Learning How To Live Again
A few weeks ago, I took my two middle girls to a Morgan Wallen concert, and honestly… it felt like more than just a concert. It felt like a reminder that I am finally learning how to live again.
For most of my life, I was addicted to work.
Productivity became my identity. Work filled my schedule, my thoughts, and most of my energy for decades. Outside of fitness goals and parenting, I really did not know how to enjoy life. Hobbies felt unimportant. Fun usually came after responsibilities, and adventure stayed somewhere near the bottom of the list.
Everything centered around achievement, goals, growth, and responsibility.
And I think many people quietly live this way.
Somewhere along the road, life becomes something we manage instead of experience. Days become schedules, deadlines, obligations, bills, and responsibilities. We tell ourselves we will slow down later. We will enjoy life once things settle down. We will make memories once we finish building the life we are chasing.
Over the last few years, though, my priorities have slowly changed.

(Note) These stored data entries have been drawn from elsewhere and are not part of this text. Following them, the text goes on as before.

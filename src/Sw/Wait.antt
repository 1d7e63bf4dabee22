-- ===== src/Sw/Wait.antt =====
-- `sw_shell_wait` of src/sw.c: the shell sleeps until a deadline, and leaves the mutex to others.
use Prim.Native.String.{String}
use x.Base.{
  ℕ, ◌+◌, ◌*◌, ◌%◌, ◌^◌, ◌≤◌, ◌≡◌, ◌≢◌, refl, ap, ◌∙◌, true, false, not, Option, some, List, [],
  ◌∷◌, ◌++◌, count, update, ==_eq, ltb, if◌then◌else◌, arith,
}
use x.Base.Word.{add32}
use x.Base.Outcome.{ok, ◌>>=◌}
use x.LinkedList.{LinkedList}
use x.Thread.State.{Kernel, sleeping, in_code, thread_self}
use x.Thread.System.{IsSystem}
use x.Thread.Enable.{at_level-Continued}
use x.Thread.Leave.{sleep_lem}
use x.Thread.Quiet.{masked, masked_self}
use x.Thread.Trace.{preempt_disable_lem}
use x.Mutex.{MutexState}
use x.Mutex.Unlock.{released}
use x.Condvar.{Condvar, condvar_waiter_init, condvar_sleep, condvar_wait}
use x.Sw.{Stopwatch, disabled, say, sw_unlock, sw_wait, sw_shell_wait}
use x.Sw.Quiet.{IsCalm, IsFree, unlock_quiet, held, sw_lock_lem}

module _ ⦃lib : LinkedList⦄ where
  open lib use {nodes, list_insert_tail, nodes-insert_tail}

  -- The current thread sleeps in the queue of the condition variable, and gave the mutex back.
  pub record Waiting (k : Kernel) (queue : List ℕ) (waiter : ℕ) (c' : Condvar) : Type 0 where
    pub system : IsSystem c'.base.kernel
    pub asleep : (c'.base.kernel.threads k.current).state ≡ sleeping
    pub others : (t : ℕ) → t ≢ k.current → (c'.base.kernel.threads t).state ≡ (k.threads t).state
    pub queued : nodes c'.waiters ≡ queue ++ (waiter ∷ [])
    pub thread : (c'.waiter_at waiter).thread ≡ k.current
    pub unmarked : (c'.waiter_at waiter).awaken ≡ false
    pub free : IsFree c'.base.mutex

  pub wait_quiet :
      (c : Condvar) (waiter : ℕ)
      → IsSystem c.base.kernel
      → (c.base.kernel.threads c.base.kernel.current).point ≡ in_code
      → (c.base.kernel.threads c.base.kernel.current).preempt_level ≡ 0
      → (c.base.kernel.threads c.base.kernel.current).yield ≡ false
      → c.base.kernel.current ≢ c.base.kernel.idle
      → c.base.mutex.owner ≡ some c.base.kernel.current
      → c.base.mutex.locked ≡ true
      → nodes c.base.mutex.waiters ≡ []
      → count waiter (nodes c.waiters) ≡ 0
      → (c' : Condvar) × (condvar_wait c waiter ≡ ok c')
        × Waiting c.base.kernel (nodes c.waiters) waiter c'
  unfolding condvar_wait condvar_waiter_init condvar_sleep thread_self
  wait_quiet c waiter v code level calm busy own on alone fresh =
      let k = c.base.kernel in
      let self = masked_self k in
      let before =
        at_level-Continued k ((k.threads k.current).preempt_level + 1) k.eflags v.orderly v.runs
          code in
      let s1 : MutexState = record c.base { kernel = masked k } in
      let level1 : ((masked k).threads k.current).preempt_level ≡ 1 =
        ap (λ d. d.preempt_level) self ∙ ap (λ n. n + 1) level in
      let calm1 : IsCalm (masked k) = record {
        few = omega (arith, level1);
        calm = ap (λ d. d.yield) self ∙ calm;
      } in
      let (k', run, l) = sleep_lem (masked k) before.system level1 busy in
      (
        record c {
          base = record c.base { kernel = k'; mutex = released s1 };
          waiter_at = update c.waiter_at waiter (record { thread = k.current; awaken = false });
          waiters = list_insert_tail c.waiters waiter;
        },
        rw (preempt_disable_lem k (omega (arith, level)), unlock_quiet s1 calm1 own on alone, run)
            refl,
        record {
          system = l.system;
          asleep = ap (λ d. d.state) l.left;
          others = λ t far. ap (λ d. d.state) (l.others t far) ∙ before.states t;
          queued = nodes-insert_tail c.waiters waiter fresh;
          thread = rw (==_eq waiter waiter refl) refl;
          unmarked = rw (==_eq waiter waiter refl) refl;
          free = record { owner = refl; unlocked = refl; alone = alone };
        },
      )

  -- In a system in order, `sw_shell_wait` for at most 30 seconds while the stopwatch runs, by
  -- a thread in its own code with preemption enabled that is not the idle one, was not told
  -- to yield, and finds the mutex free without waiters, sleeps: its deadline is 100 ticks for
  -- each second ahead, its waiter is the last of the condition variable and not marked, the
  -- mutex is free for others, and the system is in order.
  pub wait_lem :
      (sw_timer : ℕ) (sscanf : String → Option ℕ) (s : Stopwatch) (argv1 : String)
      (seconds waiter cv_waiter : ℕ)
      → sscanf argv1 ≡ some seconds
      → seconds ≤ 30
      → s.sw_timer_scheduled ≡ true
      → IsSystem s.sync.base.kernel
      → (s.sync.base.kernel.threads s.sync.base.kernel.current).point ≡ in_code
      → (s.sync.base.kernel.threads s.sync.base.kernel.current).preempt_level ≡ 0
      → (s.sync.base.kernel.threads s.sync.base.kernel.current).yield ≡ false
      → s.sync.base.kernel.current ≢ s.sync.base.kernel.idle
      → IsFree s.sync.base.mutex
      → count cv_waiter (nodes s.sync.waiters) ≡ 0
      → (s' : Stopwatch) × (sw_shell_wait sw_timer sscanf s 2 argv1 waiter cv_waiter ≡ ok s')
        × Waiting s.sync.base.kernel (nodes s.sync.waiters) cv_waiter s'.sync
        × (s'.sw_shell_waiting ≡ true)
        × (s'.sw_wait_ticks ≡ add32 s.sw_ticks (seconds * 100))
        × (s'.sw_ticks ≡ s.sw_ticks)
        × (s'.timers ≡ s.timers)
  unfolding sw_shell_wait sw_wait
  wait_lem sw_timer sscanf s argv1 seconds waiter cv_waiter read short on v code level calm busy f
        fresh =
      let c : IsCalm s.sync.base.kernel = record { few = omega (arith, level); calm = calm } in
      let (sync, run, w) =
        wait_quiet (held s).sync cv_waiter v code level calm busy refl refl f.alone fresh in
      let word : seconds * 100 % 2 ^ 32 ≡ seconds * 100 = omega (arith, short) in
      let in_time : ltb 30 seconds ≡ false = ground (arith, short) in
      let s' : Stopwatch = record s {
        sync = sync;
        sw_shell_waiting = true;
        sw_wait_ticks = add32 s.sw_ticks (seconds * 100);
      } in
      (
        s',
        rw (read, in_time, sw_lock_lem s waiter c f)
            (ap
                (λ b.
                  if not b
                  then sw_unlock (say (held s) disabled)
                  else (condvar_wait (held s).sync cv_waiter >>= λ sync. ok (record (held s) {
                    sw_shell_waiting = true;
                    sw_wait_ticks = add32 s.sw_ticks (seconds * 100 % 2 ^ 32);
                    sync = sync;
                  })))
                on
              ∙ rw (run, word) refl),
        w,
        refl,
        refl,
        refl,
        refl,
      )
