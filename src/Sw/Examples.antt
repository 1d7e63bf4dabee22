-- ===== src/Sw/Examples.antt =====
-- The theorems on src/sw.c in the small system of Thread/Runs, where thread 2 runs, and thread 4 sleeps;
-- the stopwatch's timer is at 7.
use Prim.Native.String.{String}
use x.Base.{ℕ, ◌≡◌, refl, true, false, Option, none, some, [], ◌∷◌, arith}
use x.Base.Outcome.{ok}
use x.LinkedList.{sequences}
use x.Thread.Runs.{at, at-IsSystem}
use x.Condvar.{Condvar}
use x.Timer.{Timers}
use x.Timer.Order.{IsOrdered}
use x.Sw.{Stopwatch, sw_timer_run, sw_shell_stop, sw_shell_wait}
use x.Sw.Quiet.{IsCalm, IsFree}
use x.Sw.Run.{Counted, IsWaiter, run_lem}
use x.Sw.Controls.{stop_lem}
use x.Sw.Wait.{Waiting, wait_lem}

-- No timer is on the list; that of the stopwatch occurred at 200.
abbrev processed : Timers
processed = record {
  timers = λ t. record { ticks = 200; fn = 0; arg = 0 };
  timer_ticks = 200;
  timer_list_empty = true;
  timer_wakeup_ticks = 200;
  timer_list = [];
  timer_thread = some 3;
  locked = false;
}

-- Thread 4 waits for tick 100.
abbrev sync : Condvar
sync = record {
  base = record {
    kernel = at 0;
    mutex = record { waiters = []; owner = none; locked = false };
    waiter_threads = λ w. 0;
  };
  waiters = 101 ∷ [];
  waiter_at = λ w. record { thread = 4; awaken = false };
}

abbrev counting : Stopwatch
counting = record {
  sync = sync;
  timers = processed;
  sw_ticks = 99;
  sw_timer_scheduled = true;
  sw_shell_waiting = true;
  sw_wait_ticks = 100;
  messages = [];
}

calm : IsCalm (at 0)
calm = record { few = omega arith; calm = refl }

free : IsFree sync.base.mutex
free = record { owner = refl; unlocked = refl; alone = refl }

processed-IsOrdered : IsOrdered 200 processed
processed-IsOrdered = record {
  word = omega arith;
  near = λ x c. absurd (omega arith);
  sorted = tt;
  once = λ x. omega arith;
  unlocked = refl;
  empty = refl;
  wakeup = λ x e. absurd (cc);
}

waits : IsWaiter sync 101
waits = record {
  first = refl;
  alive = λ e. ground arith;
  other = λ e. omega arith;
  busy = λ e. omega arith;
  low = omega arith;
}

run_lem_example :
    (s' : Stopwatch) × (sw_timer_run 7 counting 300 ≡ ok s') × Counted 200 7 counting s'
run_lem_example =
    run_lem 200 7 counting 300 refl calm free (at-IsSystem 0).orderly (omega arith) (omega arith)
      processed-IsOrdered refl (omega arith) (λ now. (101, waits))

stop_lem_example :
    (s' : Stopwatch) × (sw_shell_stop 7 counting 300 ≡ ok s')
    × (s' ≡ record counting { sw_timer_scheduled = false })
    × (sw_timer_run 7 s' 400 ≡ ok s')
stop_lem_example = stop_lem 7 counting 300 400 calm free

abbrev reads : String → Option ℕ
reads arg = some 30

wait_lem_example :
    (s' : Stopwatch) × (sw_shell_wait 7 reads counting 2 "30" 300 400 ≡ ok s')
    × Waiting (at 0) (101 ∷ []) 400 s'.sync
    × (s'.sw_shell_waiting ≡ true)
    × (s'.sw_wait_ticks ≡ 3099)
    × (s'.sw_ticks ≡ 99)
    × (s'.timers ≡ processed)
wait_lem_example =
    wait_lem 7 reads counting "30" 30 300 400 refl (omega arith) refl (at-IsSystem 0) refl refl refl
      (λ e. omega arith) free refl
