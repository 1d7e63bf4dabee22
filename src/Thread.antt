-- ===== src/Thread.antt =====
-- src/thread.c: threads, the run queue, and the scheduler.
pub mod State
pub mod Runq
pub mod Sched
pub mod Queue
pub mod Next
pub mod Park
pub mod Pick
pub mod Schedule
pub mod Frame
pub mod System
pub mod Calls
pub mod Enable
pub mod Add
pub mod Quiet
pub mod Wakeup
pub mod Held
pub mod Leave
pub mod Tell
pub mod Exit
pub mod Join
pub mod Destroy
pub mod Resume
pub mod Trace
pub mod Create
pub mod Forge
pub mod Insert
pub mod Created
mod Births
mod Examples
pub mod Runs
mod Tests
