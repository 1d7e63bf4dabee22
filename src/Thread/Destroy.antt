-- ===== src/Thread/Destroy.antt =====
-- `thread_destroy` of src/thread.c, at the end of `thread_join`: the memory of the thread is given back.
use x.Base.{ℕ, ◌<◌, ◌≡◌, refl, subst, ==_eq, arith, some, List, ◌∷◌}
use x.Base.Outcome.{ok}
use x.LinkedList.{LinkedList}
use x.Mem.{Heap}
use x.Mem.Regions.{Region, count_ptr, erase_ptr}
use x.Mem.Account.{Accounts, release_code}
use x.Thread.State.{Kernel, dead}
use x.Thread.Create.{thread_size, thread_destroy}
use x.Thread.Join.{dead_lem}

module _ ⦃lib : LinkedList⦄ where
  -- In a valid heap whose newest two regions are the stack and the structure of a dead
  -- thread, as `thread_create` takes them, `thread_destroy` fails no assertion, and leaves a
  -- valid heap with the other regions only.
  pub destroy_lem :
      (k : Kernel) (heap : Heap) (a t s size : ℕ) (live : List Region)
      → (k.threads t).state ≡ dead
      → (k.threads t).stack ≡ some s
      → Accounts a heap ((s, size) ∷ (t, thread_size) ∷ live)
      → (g : Heap) × (thread_destroy k heap t ≡ ok g) × Accounts a g live
  unfolding thread_destroy
  destroy_lem k heap a t s size live gone stack acc =
      let mine : 0 < count_ptr s ((s, size) ∷ (t, thread_size) ∷ live) = ground arith in
      let (g1, free1, acc1) = release_code s acc mine in
      let left1 : erase_ptr s ((s, size) ∷ (t, thread_size) ∷ live) ≡ (t, thread_size) ∷ live =
        rw (==_eq s s refl) refl in
      let acc1' = subst (λ live. Accounts a g1 live) left1 acc1 in
      let mine2 : 0 < count_ptr t ((t, thread_size) ∷ live) = ground arith in
      let (g2, free2, acc2) = release_code t acc1' mine2 in
      let left2 : erase_ptr t ((t, thread_size) ∷ live) ≡ live = rw (==_eq t t refl) refl in
      (
        g2,
        rw (dead_lem k t gone, stack, free1, free2) refl,
        subst (λ live. Accounts a g2 live) left2 acc2,
      )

I still care deeply about purpose, responsibility, and building a meaningful life, but I have started valuing presence just as much as productivity. Adventure, laughter, connection, and meaningful experiences matter deeply to me now. I finally think about living life as much as I think about work.

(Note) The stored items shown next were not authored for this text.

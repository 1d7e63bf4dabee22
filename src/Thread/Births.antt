-- ===== src/Thread/Births.antt =====
-- The theorems on `thread_create` and `thread_destroy` of src/thread.c in the smallest system: the idle thread runs, and holds
-- the first region of the heap.
use x.Base.{ℕ, ◌≡◌, refl, false, none, some, [], ◌∷◌, Option, arith, ◌==◌, if◌then◌else◌, inl}
use x.Base.Outcome.{ok}
use x.LinkedList.{sequences}
use x.Mem.{Heap}
use x.Mem.Blocks.{in_use, unused}
use x.Mem.Account.{Accounts}
use x.Thread.State.{Kernel, Thread, running, dead, in_code}
use x.Thread.System.{IsSystem}
use x.Thread.Create.{thread_create, thread_destroy}
use x.Thread.Destroy.{destroy_lem}
use x.Thread.Insert.{Created}
use x.Thread.Created.{create_lem}

abbrev thread_at : ℕ → Thread
thread_at t = record {
  state = if t == 0x10004 then running else dead;
  yield = false;
  preempt_level = 0;
  priority = 0;
  joiner = none;
  name = [];
  stack = none;
  sp = 0;
  point = in_code;
}

abbrev lone : Kernel
lone = record {
  threads = thread_at;
  current = 0x10004;
  nr_threads = 0;
  lists = λ p. [];
  idle = 0x10004;
  eflags = 0x202;
}

lone-IsSystem : IsSystem lone
lone-IsSystem = record {
  orderly = record {
    scheduled = record {
      queue = record { once = λ p t lt. omega arith; member = λ p t lt c. absurd (omega arith) };
      apart = λ p lt. refl;
      bounded = λ busy. absurd (busy refl);
      idle_runs = refl;
      counted = refl;
    };
    bounded = λ t alive busy. omega arith;
    present = λ t runs busy. ground arith;
    waits = λ t other alive. absurd (ground arith);
  };
  runs = refl;
  now = inl refl;
}

abbrev heap : Heap
heap = record {
  mem_heap = 0x10000;
  word = λ q. if q == 0x10000 then 65 else if q == 0x1003c then 65 else 33554368;
  free_nodes = 0x10044 ∷ [];
  locked = false;
}

heap-Accounts : Accounts 0x10000 heap ((0x10004, 52) ∷ [])
heap-Accounts = record {
  place = refl;
  blocks = in_use 64 ∷ unused 33554368 ∷ [];
  valid = record {
    tiled = record {
      aligned = refl;
      positive = omega arith;
      fits = omega arith;
      covers = refl;
      tiles = ((omega arith, refl), refl, refl, ((omega arith, refl), refl, refl, tt));
      linked = λ p. refl;
    };
    coalesced = (inl refl, (inl refl, tt));
    unlocked = refl;
  };
  owned = λ p. refl;
  held = (omega arith, tt);
}

create_lem_example :
    (r : ℕ × Option ℕ × Kernel × Heap) × (thread_create 0x1000 0x2000
        (λ size name. name)
        lone
        heap
        0x3000
        7
        (114 ∷ 117 ∷ 110 ∷ [])
        4096
        3
      ≡ ok r)
    × Created lone 0x10000 ((0x10004, 52) ∷ []) 0x1000 0x3000 7 4096 r
create_lem_example =
    create_lem 0x1000 0x2000 (λ size name. name) lone heap 0x10000 0x3000 7 (114 ∷ 117 ∷ 110 ∷ [])
      4096 3 ((0x10004, 52) ∷ []) lone-IsSystem refl (omega arith) (omega arith) heap-Accounts
      (λ t alive. ground arith) (λ e. omega arith) (omega arith) (omega arith) (omega arith)

-- A thread that is dead, with the first two regions of the heap.
abbrev buried : Kernel
buried = record lone { threads = λ t. record (thread_at t) { state = dead; stack = some 0x10044 } }

abbrev two_regions : Heap
two_regions = record {
  mem_heap = 0x10000;
  word = λ q.
      if q == 0x10000
      then 65
      else if q == 0x1003c
      then 65
      else if q == 0x10040
      then 65
      else if q == 0x1007c
      then 65
      else 33554304;
  free_nodes = 0x10084 ∷ [];
  locked = false;
}

two_regions-Accounts : Accounts 0x10000 two_regions ((0x10044, 40) ∷ (0x10004, 52) ∷ [])
two_regions-Accounts = record {
  place = refl;
  blocks = in_use 64 ∷ in_use 64 ∷ unused 33554304 ∷ [];
  valid = record {
    tiled = record {
      aligned = refl;
      positive = omega arith;
      fits = omega arith;
      covers = refl;
      tiles = (
        (omega arith, refl),
        refl,
        refl,
        ((omega arith, refl), refl, refl, ((omega arith, refl), refl, refl, tt)),
      );
      linked = λ p. refl;
    };
    coalesced = (inl refl, (inl refl, (inl refl, tt)));
    unlocked = refl;
  };
  owned = λ p. ground arith;
  held = (omega arith, (omega arith, tt));
}

destroy_lem_example :
    (g : Heap) × (thread_destroy buried two_regions 0x10004 ≡ ok g) × Accounts 0x10000 g []
destroy_lem_example =
    destroy_lem buried two_regions 0x10000 0x10004 0x10044 40 [] refl refl two_regions-Accounts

And this trip reminded me why.
One of my favorite parts was actually the travel itself. Sitting in the car with my girls, talking about life, dreams, stories, feelings, memories, and random thoughts that somehow become the conversations you remember forever.
We got there before the gates even opened because we wanted to soak in the entire experience. We listened to every artist before Morgan Wallen came on stage. We bought merch. We got stuck in crowds. We walked forever from the parking lot to the gates. We sang loud, danced badly, laughed constantly, and fully enjoyed the entire night together.
And somewhere in the middle of all of it, I realized how many moments like this I missed in previous years because my mind was always somewhere else.
Always thinking about work.
Always planning the next thing.
Always focused on building a future while accidentally missing parts of the present.
Maybe you can relate.
Maybe you have spent years carrying responsibility so heavily that you forgot you are allowed to enjoy your life too. Maybe rest feels uncomfortable. Maybe fun feels unproductive. Maybe adventure feels less important than everything sitting on your to-do list.
But I want to encourage you today:
Please do not wait for someday to start living.
Take the trip.
Go to the concert.
Plan the adventure.
Stay longer.
Laugh louder.
Dance anyway.
Watch your kids light up.
Create memories that have absolutely nothing to do with achievement or productivity.
Because some of the moments that heal us the most are the ones where we are fully present.
Maybe that is what adventure really is.
Finally showing up for your own life.